NCT has entered the start of the new NCT supply year (1 November 2022) and it is certainly worth reflecting on the current circumstances facing the co-operative, a marketing organisation, representing independent timber growers and suppliers from within the South African forestry industry and those of our fellow forestry industry organisations.
We are all arguably in the best market position that we have ever been in. Illustrating this from our own perspective we find that literally every tonne of our available supply is being absorbed into the market demand meaning that we are technically sold out for the year and this before our supply year even kicks fully into gear!
Global demand and competition for timber has peaked in recent months. Events in Europe have seen timber shortages due to a lockdown of critical Russian supply and of course the war has created a significant demand for energy translating into a call for green biomass as fuel.
High global oil prices have increased diesel prices exponentially and the steep cost of transport and freight is forcing buyers to become even more focussed on reliable, efficient supply to reduce or at least control time and distance related costs. This places severe pressure on us as timber and product suppliers to perform optimally and is the reason that NCT and fellow organisations, continue to make repeated calls on timber suppliers to ensure reliable and quality supply.
We all just cannot afford to slip up in this regard.
High performance timber suppliers certainly stand to benefit from good timber pricing, certainly over the medium-term. Biomass prices are incredibly robust at present and are likely contributing towards pulpwood prices having to also maintain high levels. Biomass is no longer regarded as the second damaged cousin of the pulpwood industry and there is a dawning realisation of the reality of biomass competing ever more with grown pulpwood. NCT has achieved some success with recent forays into the European and Japanese biomass markets and hope that the positive trend continues.
Many of our long-standing global clients are facing severe economic hardship. Japan is a case in point. The devalued Japanese Yen has increased input (raw material) costs significantly year-on-year and the overall demand for paper has reduced considerably due to several factors (COVID, economy driven reduction in consumption, high production costs). Many paper producers also do not have the luxury of an array of products such as tissue, packaging, or cellulose products to offset the reduced paper demand situation.
Despite the economic hardships it faces, Japan must maintain its paper production industry and does realise the need to maintain its clients, supply channels and presence, to remain relevant and competitive on the global stage. Fortunately, South Africa has certain preferred species and a quality offering that that are cost-effective to our clients due to their density, high pulp yield and product quality. Pulp producers get real bang for their buck via this material.
Further in Asia, Chinese companies have seen high value in South African grown pulpwood and their interest in mixed gum is good news for our gum producers.
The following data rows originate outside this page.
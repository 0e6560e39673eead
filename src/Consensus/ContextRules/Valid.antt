-- ===== src/Consensus/ContextRules/Valid.antt =====
-- What the contextual rules of a block accept.
use hornet.Common.{
  ℕ, ◌≤◌, ◌≡◌, refl, ◌↔◌, List, [], ◌∷◌, Option, some, true, false, leb, if◌then◌else◌, Bytes,
  starts_with, Bool-cases, inl, inr, arith,
}
use hornet.Common.Int.{ℤ, pos, ◌-ℤ◌, ◌*ℤ◌, ◌≤ℤ◌, ltb_ℤ}
use hornet.Common.Int32.{InInt, int_result, int_result_iff, then_result_iff}
use hornet.Protocol.Transaction.{Transaction}
use hornet.Protocol.Block.{Block, coinbase_signature, get_weight_units}
use hornet.Script.Writer.{push_int}
use hornet.Consensus.Types.{success, error_if_iff, found_iff}
use hornet.Consensus.Rule.{
  activation_height, is_enabled, is_bip_enabled_at_height, validate_rules_iff,
}
use hornet.Consensus.Env.{Env}
use hornet.Consensus.Ancestry.{median_time_past}
use hornet.Consensus.ContextRules.{
  BlockEnvironmentContext, is_transaction_final_at, check_final, validate_transaction_finality,
  validate_coinbase_height, validate_witness_commitment, validate_block_weight, validate_contextual,
}

-- Every transaction of the list is final at the height and the time.
abbrev pub AllFinalAt : ℕ → ℕ → List Transaction → Type 0
AllFinalAt height timestamp [] = Unit {0}
AllFinalAt height timestamp (tx ∷ txs) =
    (is_transaction_final_at tx height timestamp ≡ true) × AllFinalAt height timestamp txs

check_final_iff :
    (height timestamp : ℕ) (txs : List Transaction)
    → (check_final height timestamp txs ≡ success) ↔ AllFinalAt height timestamp txs
unfolding check_final
check_final_iff height timestamp [] = (λ _. tt, λ _. refl)
check_final_iff height timestamp (tx ∷ txs) =
    let (sound, complete) = check_final_iff height timestamp txs in
    (
      λ h. (ground arith, sound (ground arith)),
      λ h. let here = h.0 in let rest = complete h.1 in ground arith,
    )

-- The time that lock times are compared with: the block's own, and from BIP 113 on the median of the
-- ancestors' times.
abbrev pub lock_time_cutoff : Env → BlockEnvironmentContext → Option ℕ
lock_time_cutoff env c =
    if leb 419_328 c.height then median_time_past env c.view else some c.block.header.timestamp

-- Four times the serialized size less three times the witness data is at most 4,000,000, where an int
-- holds both products and the difference.
abbrev pub WeightWithin : Block → Type 0
WeightWithin block =
    let total = pos 4 *ℤ block.serialized_bytes in
    let discount = pos 3 *ℤ block.witness_bytes in
    InInt total × InInt discount × InInt (total -ℤ discount) × (total -ℤ discount ≤ℤ pos 4_000_000)

not_over : (weight : ℤ) → (ltb_ℤ (pos 4_000_000) weight ≡ false) ↔ (weight ≤ℤ pos 4_000_000)
not_over weight = (λ h. ground arith, λ h. ground arith)

weight_units_iff :
    (block : Block)
    → ((weight : ℤ) × (get_weight_units block ≡ some weight) × (weight ≤ℤ pos 4_000_000))
      ↔ WeightWithin block
unfolding get_weight_units
weight_units_iff block =
    let total = pos 4 *ℤ block.serialized_bytes in
    let discount = pos 3 *ℤ block.witness_bytes in
    let (sound, complete) = then_result_iff total _ (
      then_result_iff discount (λ d. int_result (total -ℤ d))
        (int_result_iff {P = λ weight. weight ≤ℤ pos 4_000_000} (total -ℤ discount))) in
    (
      λ h. let (first, (second, (result, within))) = sound h in (first, second, result, within),
      λ h. complete (h.0, (h.1, (h.2, h.3))),
    )

weight_iff :
    (c : BlockEnvironmentContext) → (validate_block_weight c ≡ success) ↔ WeightWithin c.block
unfolding validate_block_weight
weight_iff c =
    let (sound, complete) = found_iff (get_weight_units c.block) _ (λ weight. (
      λ h. (not_over weight).0 ((error_if_iff _ _).0 h),
      λ h. (error_if_iff _ _).1 ((not_over weight).1 h),
    )) in
    let (counted, summed) = weight_units_iff c.block in
    (λ h. counted (sound h), λ h. complete (summed h))

module _ (env : Env) (c : BlockEnvironmentContext) where
  finality_iff : (validate_transaction_finality env c ≡ success) ↔ (
      (cutoff : ℕ) × (lock_time_cutoff env c ≡ some cutoff)
      × AllFinalAt c.height cutoff c.block.transactions)
  unfolding validate_transaction_finality is_bip_enabled_at_height activation_height
  finality_iff = elim (Bool-cases (leb 419_328 c.height)) [
    | inl on ↦ rw on (
        found_iff (median_time_past env c.view) _
          (λ median. check_final_iff c.height median c.block.transactions))
    | inr off ↦ rw off (
        found_iff (some c.block.header.timestamp) _
          (λ time. check_final_iff c.height time c.block.transactions))
  ]

  height_iff : (validate_coinbase_height c ≡ success) ↔ (
      (script : Bytes) × (coinbase_signature c.block ≡ some script)
      × (starts_with script (push_int [] (pos c.height)) ≡ true))
  unfolding validate_coinbase_height
  height_iff =
      found_iff (coinbase_signature c.block) _ (λ script. (λ h. ground arith, λ h. ground arith))

  -- The contextual rules accept a block exactly when the cutoff time exists and all
  -- transactions are final at the block's height and that time, from the height 227,931 on the
  -- coinbase script starts with the push of the height, from the height 481,824 on the witness
  -- commitment rule accepts the block, and its weight, four times its serialized size less three
  -- times its witness data, is at most 4,000,000, where an int holds both products and the result.
  pub validate_contextual_iff : (validate_contextual env c ≡ success) ↔ (
      ((cutoff : ℕ) × (lock_time_cutoff env c ≡ some cutoff)
        × AllFinalAt c.height cutoff c.block.transactions)
      × (227_931 ≤ c.height
          → (script : Bytes) × (coinbase_signature c.block ≡ some script)
            × (starts_with script (push_int [] (pos c.height)) ≡ true))
      × (481_824 ≤ c.height → validate_witness_commitment env c ≡ success)
      × WeightWithin c.block)
  unfolding validate_contextual is_enabled is_bip_enabled_at_height activation_height
  validate_contextual_iff =
      let (sound, complete) = validate_rules_iff _ c.height c in
      (
        λ h.
            let (final, (height, (witness, (weight, done)))) = sound h in
            (
              finality_iff.0 (final refl),
              λ on. height_iff.0 (height (ground (arith, on))),
              λ on. witness (ground (arith, on)),
              (weight_iff c).0 (weight refl),
            ),
        λ h. complete (
          λ _. finality_iff.1 h.0,
          (
            λ on. height_iff.1 (h.1 (ground (arith, on))),
            (λ on. h.2 (ground (arith, on)), (λ _. (weight_iff c).1 h.3, tt)),
          ),
        ),
      )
Still on the topic of gum, it must the highlighted that the psychological barrier mill delivered price of R1000/tonne for gum was recently breached. Who would have thought that this would ever happen?
On the domestic front, it is pleasing to see the ever-growing hunger for pulpwood (and biomass) from the larger corporates. Various mill expansions and refurbishments are seemingly reaching their conclusion and we look forward to healthy domestic market outlets. Local market stability is critical during this time of uncertainty in which no one can really predict the longevity of the global opportunities presenting.
So…we have good overall demand for our timber and sales prospects are positive but there is always a negative to any positive.
In South Africa’s case, we have some interesting and concerning challenges to overcome. Our biggest single most important risk is that of the service and infrastructure decline of the state-owned enterprises upon which we are so reliant to get our timber to mill (roads and rail) and timber and various timber products loaded and dispatched at port.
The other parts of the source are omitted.